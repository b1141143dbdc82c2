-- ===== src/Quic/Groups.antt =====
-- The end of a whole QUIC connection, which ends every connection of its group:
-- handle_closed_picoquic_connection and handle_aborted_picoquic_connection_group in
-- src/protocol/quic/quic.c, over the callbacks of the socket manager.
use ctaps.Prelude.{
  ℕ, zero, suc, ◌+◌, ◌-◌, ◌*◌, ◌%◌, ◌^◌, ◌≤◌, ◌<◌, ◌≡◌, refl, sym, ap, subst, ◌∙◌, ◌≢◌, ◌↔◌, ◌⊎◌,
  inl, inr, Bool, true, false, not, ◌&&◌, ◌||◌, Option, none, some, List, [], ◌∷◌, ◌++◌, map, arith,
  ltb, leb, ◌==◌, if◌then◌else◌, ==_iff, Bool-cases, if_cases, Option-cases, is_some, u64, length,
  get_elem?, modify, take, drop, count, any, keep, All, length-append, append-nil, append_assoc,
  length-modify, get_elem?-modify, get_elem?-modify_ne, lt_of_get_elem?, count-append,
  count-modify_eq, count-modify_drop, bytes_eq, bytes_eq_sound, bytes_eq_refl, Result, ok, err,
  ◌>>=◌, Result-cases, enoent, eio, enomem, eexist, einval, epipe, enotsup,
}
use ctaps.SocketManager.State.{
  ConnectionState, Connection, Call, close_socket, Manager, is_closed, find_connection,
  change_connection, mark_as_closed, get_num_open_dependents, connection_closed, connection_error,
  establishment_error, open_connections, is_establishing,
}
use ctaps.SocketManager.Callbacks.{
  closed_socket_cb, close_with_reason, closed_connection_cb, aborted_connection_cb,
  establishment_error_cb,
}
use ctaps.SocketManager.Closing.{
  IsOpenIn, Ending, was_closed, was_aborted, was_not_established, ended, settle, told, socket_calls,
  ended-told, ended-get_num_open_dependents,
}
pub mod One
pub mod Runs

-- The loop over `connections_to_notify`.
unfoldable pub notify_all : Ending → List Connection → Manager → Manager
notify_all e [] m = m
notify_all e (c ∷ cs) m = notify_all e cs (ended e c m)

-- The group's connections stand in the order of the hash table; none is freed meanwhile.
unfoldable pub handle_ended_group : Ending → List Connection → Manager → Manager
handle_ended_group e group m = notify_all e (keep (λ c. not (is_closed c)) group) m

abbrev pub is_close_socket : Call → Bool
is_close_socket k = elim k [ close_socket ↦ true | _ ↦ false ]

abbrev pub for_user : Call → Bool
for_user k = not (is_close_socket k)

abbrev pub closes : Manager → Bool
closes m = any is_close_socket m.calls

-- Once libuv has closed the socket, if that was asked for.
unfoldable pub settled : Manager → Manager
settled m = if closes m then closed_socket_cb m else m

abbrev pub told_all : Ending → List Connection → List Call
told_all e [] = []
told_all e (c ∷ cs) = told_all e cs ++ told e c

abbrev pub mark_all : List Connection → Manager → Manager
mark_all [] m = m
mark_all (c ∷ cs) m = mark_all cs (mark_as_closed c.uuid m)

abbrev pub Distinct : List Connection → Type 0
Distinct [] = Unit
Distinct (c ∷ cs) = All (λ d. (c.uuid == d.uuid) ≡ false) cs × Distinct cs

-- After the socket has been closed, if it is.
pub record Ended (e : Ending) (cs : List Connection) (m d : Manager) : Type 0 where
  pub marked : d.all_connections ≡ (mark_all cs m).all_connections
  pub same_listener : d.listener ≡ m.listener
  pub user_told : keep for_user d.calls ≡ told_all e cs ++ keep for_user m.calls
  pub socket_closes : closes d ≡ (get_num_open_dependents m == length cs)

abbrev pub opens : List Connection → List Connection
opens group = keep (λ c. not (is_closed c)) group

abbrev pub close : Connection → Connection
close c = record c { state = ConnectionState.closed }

→ **WHAT YOU HAVE TO DO**: Which lines above hold the string "Result"? Show each of them.

→ **SOLUTION TO THE EXERCISE**:
  count-modify_eq, count-modify_drop, bytes_eq, bytes_eq_sound, bytes_eq_refl, Result, ok, err,
  ◌>>=◌, Result-cases, enoent, eio, enomem, eexist, einval, epipe, enotsup,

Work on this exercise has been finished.